A Phase I Study of Infusion of HER-2/Neu Specific T Cells in Patients With Advanced Stage HER-2/Neu Expressing Cancers Who Have Received a HER-2/Neu Vaccine


PRIMARY OBJECTIVES:

I. To assess the feasibility of expanding HER2 specific T cells ex vivo for infusion into
subjects who have advanced HER2 overexpressing cancer.

II. To assess the toxicity associated with infusing autologous HER2 specific T cells into
patients using either a single dose of cyclophosphamide or ONTAK (denileukin diftitox) prior
to T cell infusion.

SECONDARY OBJECTIVES:

I. To investigate to what extent HER2 specific T cell immunity can be boosted in individuals
treated with a single dose of cyclophosphamide of ONTAK followed by infusion of autologous
HER2 specific T cells.

II. To investigate the potential anti-tumor effects of HER2 specific T cells in patients
with HER2 overexpressing advanced-stage cancers.
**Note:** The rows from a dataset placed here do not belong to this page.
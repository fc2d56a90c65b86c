-- ===== src/Cli/Server/Listing.antt =====
-- What `server list` shows of the backend's servers.
use stdiod.Base.{
  ℕ, suc, String, Bool, true, false, ◌≡◌, refl, ◌∙◌, ap, List, [], ◌∷◌, if◌then◌else◌, if_rule,
  arith, Bool-cases, inl, inr, All, some, same_text?_iff,
}
use stdiod.Cli.Server.{ServerListItem, text_leb, insert_by_name, sort_by_name, retain, is_own}

-- How many items pass a test.
unfoldable pub count : (ServerListItem → Bool) → List ServerListItem → ℕ
count test [] = 0
count test (item ∷ rest) = let more = count test rest in if test item then suc more else more

-- No item comes before one with a smaller name.
unfoldable pub IsSorted : List ServerListItem → Type 0
IsSorted [] = Unit
IsSorted (item ∷ []) = Unit
IsSorted (item ∷ next ∷ rest) = (text_leb item.name next.name ≡ true) × IsSorted (next ∷ rest)

text_leb-total : (s t : String) → text_leb s t ≡ false → text_leb t s ≡ true
unfolding text_leb
text_leb-total String.[] t h = cc
text_leb-total (String.◌∷◌ c s) String.[] h = refl
text_leb-total (String.◌∷◌ c s) (String.◌∷◌ d t) h = ground (arith, text_leb-total s t)

-- An item that is to be put into a sorted list behind its first.
behind :
    (item first : ServerListItem) (rest : List ServerListItem)
    → text_leb item.name first.name ≡ false
    → IsSorted (first ∷ rest)
    → IsSorted (insert_by_name item rest)
    → IsSorted (first ∷ insert_by_name item rest)
unfolding IsSorted insert_by_name
behind item first [] later h sorted = (text_leb-total item.name first.name later, tt)
behind item first (next ∷ rest) later (before, h) sorted =
    elim (Bool-cases (text_leb item.name next.name)) [
      | inl e ↦ rw e (text_leb-total item.name first.name later, (e, h))
      | inr e ↦ rw e (before, let s = rw e at sorted in s)
    ]

IsSorted-tail :
    (first : ServerListItem) (rest : List ServerListItem) → IsSorted (first ∷ rest) → IsSorted rest
unfolding IsSorted
IsSorted-tail first [] h = tt
IsSorted-tail first (next ∷ rest) h = h.1

insert_by_name-IsSorted :
    (item : ServerListItem) (items : List ServerListItem)
    → IsSorted items
    → IsSorted (insert_by_name item items)
unfolding IsSorted insert_by_name
insert_by_name-IsSorted item [] h = tt
insert_by_name-IsSorted item (first ∷ rest) h =
    if_rule IsSorted (text_leb item.name first.name) (item ∷ first ∷ rest)
      (first ∷ insert_by_name item rest) (λ e. (e, h))
      λ e.
        behind item first rest e h (insert_by_name-IsSorted item rest (IsSorted-tail first rest h))

pub sort_by_name-IsSorted : (items : List ServerListItem) → IsSorted (sort_by_name items)
unfolding sort_by_name IsSorted
sort_by_name-IsSorted [] = tt
sort_by_name-IsSorted (item ∷ rest) =
    insert_by_name-IsSorted item (sort_by_name rest) (sort_by_name-IsSorted rest)

module _ (test : ServerListItem → Bool) where
  count-insert_by_name :
      (item : ServerListItem) (items : List ServerListItem)
      → count test (insert_by_name item items) ≡ count test (item ∷ items)
  unfolding count insert_by_name
  count-insert_by_name item [] = refl
  count-insert_by_name item (first ∷ rest) = ground (arith, count-insert_by_name item rest)

  pub count-sort_by_name :
      (items : List ServerListItem) → count test (sort_by_name items) ≡ count test items
  unfolding count sort_by_name
  count-sort_by_name [] = refl
  count-sort_by_name (item ∷ rest) =
      count-insert_by_name item (sort_by_name rest)
      ∙ ap (λ n. if test item then suc n else n) (count-sort_by_name rest)

  -- Items that pass the test are retained, so none of them is lost.
  pub count-retain :
      (keeps : ServerListItem → Bool) (items : List ServerListItem)
      → ((item : ServerListItem) → test item ≡ true → keeps item ≡ true)
      → count test (retain keeps items) ≡ count test items
  unfolding count retain
  count-retain keeps [] h = refl
  count-retain keeps (item ∷ rest) h = elim (Bool-cases (test item)) [
    | inl e ↦
        rw (h item e, count) (ap (λ n. if test item then suc n else n) (count-retain keeps rest h))
    | inr e ↦ elim (Bool-cases (keeps item)) [
      | inl k ↦ rw (k, count) (ap (λ n. if test item then suc n else n) (count-retain keeps rest h))
      | inr k ↦ rw (k, e) (count-retain keeps rest h)
    ]
  ]

-- A server that the tunnel runs on the device.
abbrev pub IsOwn : String → ServerListItem → Type 0
IsOwn device item = (item.transport_type ≡ some "stdio_tunnel") × (item.device_id ≡ some device)

pub is_own_iff :
    (device : String) (item : ServerListItem)
    → ((is_own device item ≡ true) → IsOwn device item)
      × (IsOwn device item → (is_own device item ≡ true))
unfolding is_own
is_own_iff device item =
    let transport = same_text?_iff item.transport_type (some "stdio_tunnel") in
    let own = same_text?_iff item.device_id (some device) in
    (
      λ e. (transport.0 (ground arith), own.0 (ground arith)),
      λ p. rw (transport.1 p.0, own.1 p.1) refl,
    )

pub retain-IsOwn :
    (device : String) (items : List ServerListItem)
    → All (IsOwn device) (retain (is_own device) items)
unfolding retain
retain-IsOwn device [] = tt
retain-IsOwn device (item ∷ rest) =
    if_rule (All (IsOwn device)) (is_own device item) (item ∷ retain (is_own device) rest)
      (retain (is_own device) rest) (λ e. ((is_own_iff device item).0 e, retain-IsOwn device rest))
      (λ _. retain-IsOwn device rest)

insert_by_name-All :
    (P : ServerListItem → Type 0) (item : ServerListItem) (items : List ServerListItem)
    → P item
    → All P items
    → All P (insert_by_name item items)
unfolding insert_by_name
insert_by_name-All P item [] p h = (p, tt)
insert_by_name-All P item (first ∷ rest) p h =
    if_rule (All P) (text_leb item.name first.name) (item ∷ first ∷ rest)
      (first ∷ insert_by_name item rest) (λ _. (p, h))
      (λ _. (h.0, insert_by_name-All P item rest p h.1))

pub sort_by_name-All :
    (P : ServerListItem → Type 0) (items : List ServerListItem)
    → All P items
    → All P (sort_by_name items)
unfolding sort_by_name
sort_by_name-All P [] h = tt
sort_by_name-All P (item ∷ rest) h =
    insert_by_name-All P item (sort_by_name rest) h.0 (sort_by_name-All P rest h.1)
III. To evaluate how long tumor antigen specific T cell immune augmentation persists in vivo
after a single dose of cyclophosphamide or ONTAK followed by infusion of autologous HER2
specific T cells.

OUTLINE: This is a dose-escalation study of ex vivo-expanded HER2-specific T cells. Patients
are assigned to 1 of 2 treatment groups.

GROUP A: Patients receive low-dose cyclophosphamide intravenously (IV) on day -1 and 3
escalating doses of autologous ex vivo-expanded HER2-specific T cells IV over 30 minutes on
days 1, 10, and 20.

GROUP B: Patients receive ONTAK (denileukin diftitox) IV over 1 hour on day -1 and 3
escalating doses of autologous ex vivo-expanded HER2-specific T cells IV over 30 minutes on
days 1, 10, and 20.

After completion of study treatment, patients are followed periodically.


Inclusion Criteria:



- Patients with progressive HER2/neu overexpressing metastatic breast, ovarian, or
non-small cell lung cancer not considered curable by conventional therapies,
including trastuzumab

- Extra-skeletal disease that can be accurately measured >= 10 mm by standard
imaging techniques that can include but not limited to computed tomography (CT),
positron emission tomography (PET), magnetic resonance imaging (MRI)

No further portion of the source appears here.